British railways carriage

Tourist Second Open or Tourist Standard Open, abbreviated to TSO, is a type of British Railways coach. The designation "Tourist" was originally as opposed to a normal SO (Second Open) coach. Both types have the same number of seating bays per coach, but the TSO has four seats across, arranged 2+2 either side of a central aisle, while an SO has 3 seats across, arranged 2+1 with an offset aisle. Both offer the same legroom, but there is slightly less width per passenger in a TSO.

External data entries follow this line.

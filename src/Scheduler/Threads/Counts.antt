-- ===== src/Scheduler/Threads/Counts.antt =====
-- The counters and the leaves along the interleavings.
use forge_ann.Prelude.{
  ℕ, ◌+◌, ◌^◌, ◌<◌, ◌≡◌, refl, ap, ◌∙◌, some, Option-cases, inl, inr, List, [], ◌∷◌, ◌++◌, length,
  length-append, arith,
}
use forge_ann.Prelude.Usize.{IsCongruent}
use forge_ann.Scheduler.{
  ForgeannScheduler, QueuedLeaf, add_task, remove_task, push_leaf, add_queued_work, add_queued_mem,
  update_peak_backlog, remove_queued_work, remove_queued_mem, start_leaf_execution, remove_inflight,
}
use forge_ann.Scheduler.Ends.{push_leaf-some, pop_leaf-some}
use forge_ann.Scheduler.Threads.{
  System, Phase, next_step, started, Work, takes, advances, Step, emits, works, Reach, here, next,
  run, discard, pushing, crediting_work, crediting_mem, noting_peak, giving_back, debiting_work,
  debiting_mem, starting, dropping, running, leaving,
}
use forge_ann.Scheduler.Threads.Tally.{sum, sum-at, task, busy}

pub record IsCounted (s : ForgeannScheduler) (threads : List Phase) : Type 0 where
  pub tasks : IsCongruent s.outstanding_leaf_tasks (length s.leaf_backlog + sum task threads)
  pub runs : IsCongruent s.inflight_leaf_tasks (sum busy threads)
  pub fits : s.outstanding_leaf_tasks < 2 ^ 64

pub push_leaf-lengths :
    (s : ForgeannScheduler) (q : QueuedLeaf) {s' : ForgeannScheduler}
    → push_leaf s q ≡ some s'
    → (s'.outstanding_leaf_tasks ≡ s.outstanding_leaf_tasks)
      × (s'.inflight_leaf_tasks ≡ s.inflight_leaf_tasks)
      × (length s'.leaf_backlog ≡ length s.leaf_backlog + 1)
push_leaf-lengths s q e =
    let f = push_leaf-some s q e in
    let backlog = ap (λ (t : ForgeannScheduler). length t.leaf_backlog) f in
    (
      ap (λ (t : ForgeannScheduler). t.outstanding_leaf_tasks) f,
      ap (λ (t : ForgeannScheduler). t.inflight_leaf_tasks) f,
      backlog ∙ length-append s.leaf_backlog (q ∷ []),
    )

-- What a credit or a debit leaves alone.
abbrev pub SameTasks : ForgeannScheduler → ForgeannScheduler → Type 0
SameTasks s s' =
    (s'.outstanding_leaf_tasks ≡ s.outstanding_leaf_tasks)
    × (s'.inflight_leaf_tasks ≡ s.inflight_leaf_tasks)
    × (s'.leaf_backlog ≡ s.leaf_backlog)

module _ (s : ForgeannScheduler) (q : QueuedLeaf) where
  pub add_queued_work-SameTasks : SameTasks s (add_queued_work s q)
  unfolding add_queued_work
  add_queued_work-SameTasks = ground arith

  pub add_queued_mem-SameTasks : SameTasks s (add_queued_mem s q)
  unfolding add_queued_mem
  add_queued_mem-SameTasks = ground arith

  pub remove_queued_work-SameTasks : SameTasks s (remove_queued_work s q)
  unfolding remove_queued_work
  remove_queued_work-SameTasks = ground arith

  pub remove_queued_mem-SameTasks : SameTasks s (remove_queued_mem s q)
  unfolding remove_queued_mem
  remove_queued_mem-SameTasks = ground arith

module _ (s : ForgeannScheduler) {threads : List Phase} (before : List Phase) (p : Phase)
    (after : List Phase) (e : threads ≡ before ++ (p ∷ after)) (c : IsCounted s threads) where
  -- A step keeps the counts if it does so with anything beside it.
  become-IsCounted :
      (s' : ForgeannScheduler) (ps : List Phase)
      → ((rest : ℕ)
          → IsCongruent s.outstanding_leaf_tasks (length s.leaf_backlog + (task p + rest))
          → IsCongruent s'.outstanding_leaf_tasks (length s'.leaf_backlog + (sum task ps + rest)))
      → ((rest : ℕ)
          → IsCongruent s.inflight_leaf_tasks (busy p + rest)
          → IsCongruent s'.inflight_leaf_tasks (sum busy ps + rest))
      → s'.outstanding_leaf_tasks < 2 ^ 64
      → IsCounted s' (before ++ (ps ++ after))
  unfolding sum
  become-IsCounted s' ps tasks runs fits =
      let old_tasks = ap (sum task) e ∙ sum-at task before (p ∷ []) after in
      let old_runs = ap (sum busy) e ∙ sum-at busy before (p ∷ []) after in
      let new_tasks = sum-at task before ps after in
      let new_runs = sum-at busy before ps after in
      let was_tasks = c.tasks in
      let was_runs = c.runs in
      record {
        tasks = rw new_tasks (tasks _ (omega arith));
        runs = rw new_runs (runs _ (omega arith));
        fits = fits;
      }

  -- A step that only moves a thread on.
  moved-IsCounted :
      (s' : ForgeannScheduler) (ps : List Phase)
      → SameTasks s s'
      → sum task ps ≡ task p
      → sum busy ps ≡ busy p
      → IsCounted s' (before ++ (ps ++ after))
  moved-IsCounted s' ps same tasks runs =
      become-IsCounted s' ps (λ rest h. rw (same.0, same.2, tasks) h)
        (λ rest h. rw (same.1, runs) h) (rw same.0 c.fits)

pub next_step-IsCounted :
    (x : System) (before : List Phase) (p : Phase) (after : List Phase)
    → x.threads ≡ before ++ (p ∷ after)
    → IsCounted x.shared x.threads
    → IsCounted (next_step x before p after).shared (next_step x before p after).threads
unfolding next_step sum task busy update_peak_backlog remove_task start_leaf_execution
    remove_inflight
next_step-IsCounted x before (pushing q) after e c = elim (Option-cases (push_leaf x.shared q)) [
  | inl full ↦
      rw (full, next_step)
        (moved-IsCounted x.shared before _ after e c x.shared (giving_back q ∷ [])
          (refl, refl, refl) refl refl)
  | inr (s', pushed) ↦
      let lengths = push_leaf-lengths x.shared q pushed in
      rw (pushed, next_step)
        (become-IsCounted x.shared before _ after e c s' (crediting_work q ∷ [])
          (λ rest h. omega arith) (λ rest h. omega arith) (rw lengths.0 c.fits))
]
next_step-IsCounted x before (crediting_work q) after e c =
    moved-IsCounted x.shared before _ after e c _ (crediting_mem q ∷ [])
      (add_queued_work-SameTasks x.shared q) refl refl
next_step-IsCounted x before (crediting_mem q) after e c =
    moved-IsCounted x.shared before _ after e c _ (noting_peak ∷ [])
      (add_queued_mem-SameTasks x.shared q) refl refl
next_step-IsCounted x before noting_peak after e c =
    moved-IsCounted x.shared before _ after e c (update_peak_backlog x.shared) [] (refl, refl, refl)
      refl refl
next_step-IsCounted x before (giving_back q) after e c =
    become-IsCounted x.shared before _ after e c (remove_task x.shared) [] (λ rest h. omega arith)
      (λ rest h. omega arith) (omega arith)
next_step-IsCounted x before (debiting_work fate q) after e c =
    moved-IsCounted x.shared before _ after e c _ (debiting_mem fate q ∷ [])
      (remove_queued_work-SameTasks x.shared q) refl refl
next_step-IsCounted x before (debiting_mem run q) after e c =
    moved-IsCounted x.shared before _ after e c _ (starting q ∷ [])
      (remove_queued_mem-SameTasks x.shared q) refl refl
next_step-IsCounted x before (debiting_mem discard q) after e c =
    moved-IsCounted x.shared before _ after e c _ (dropping q ∷ [])
      (remove_queued_mem-SameTasks x.shared q) refl refl
next_step-IsCounted x before (starting q) after e c =
    become-IsCounted x.shared before _ after e c (start_leaf_execution x.shared) (running q ∷ [])
      (λ rest h. h) (λ rest h. omega arith) c.fits
next_step-IsCounted x before (dropping q) after e c =
    become-IsCounted x.shared before _ after e c (remove_task x.shared) [] (λ rest h. omega arith)
      (λ rest h. omega arith) (omega arith)
next_step-IsCounted x before (running q) after e c =
    become-IsCounted x.shared before _ after e c (remove_inflight x.shared) (leaving q ∷ [])
      (λ rest h. h) (λ rest h. omega arith) c.fits
next_step-IsCounted x before (leaving q) after e c =
    become-IsCounted x.shared before _ after e c (remove_task x.shared) [] (λ rest h. omega arith)
      (λ rest h. omega arith) (omega arith)

Work-IsCounted :
    {x y : System} → Work x y → IsCounted x.shared x.threads → IsCounted y.shared y.threads
unfolding sum task busy
Work-IsCounted {x} (takes fate q s e) c =
    let (rest, backlog, f) = pop_leaf-some x.shared e in
    let before = ap length backlog in
    let after = ap (λ (t : ForgeannScheduler). length t.leaf_backlog) f in
    let outstanding = ap (λ (t : ForgeannScheduler). t.outstanding_leaf_tasks) f in
    let inflight = ap (λ (t : ForgeannScheduler). t.inflight_leaf_tasks) f in
    let was_tasks = c.tasks in
    let was_runs = c.runs in
    let was_fits = c.fits in record { tasks = omega arith; runs = omega arith; fits = omega arith }
Work-IsCounted {x} (advances before p after e) c = next_step-IsCounted x before p after e c

Step-IsCounted :
    {x y : System} → Step x y → IsCounted x.shared x.threads → IsCounted y.shared y.threads
unfolding sum task busy add_task
Step-IsCounted {x} (emits q) c =
    let was_tasks = c.tasks in
    let was_runs = c.runs in
    let was_fits = c.fits in record { tasks = omega arith; runs = omega arith; fits = omega arith }
Step-IsCounted (works w) c = Work-IsCounted w c

-- Whatever threads do in whatever order, from a scheduler without work, `outstanding_leaf_tasks`
-- counts the leaves of the queue with the threads that hold one or offer one, and
-- `inflight_leaf_tasks` counts the threads that run one; both up to the 64 bits of the counters.
pub Reach-IsCounted :
    {s : ForgeannScheduler} {y : System}
    → IsCounted s []
    → Reach (started s) y
    → IsCounted y.shared y.threads
Reach-IsCounted c here = c
Reach-IsCounted c (next r st) = Step-IsCounted st (Reach-IsCounted c r)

Even though the designations would appear to suggest that the SO was the standard type and the TSO a variant, in reality the TSO has been the default design of open coach on British Railways since the dawn of the Mark 1 era, built in large numbers, with comparatively few SO vehicles constructed, mainly for use as Third/Second/Standard class restaurant cars.

In 1987, British Rail changed the title to Tourist Standard Open, when "Second Class" became "Standard Class" across the network. The TSO designation remains in use for Mark 3A and Mark 4 Open Standard carriages., even though no SO coaches have been constructed since the Mark 2a build in the mid-1960s.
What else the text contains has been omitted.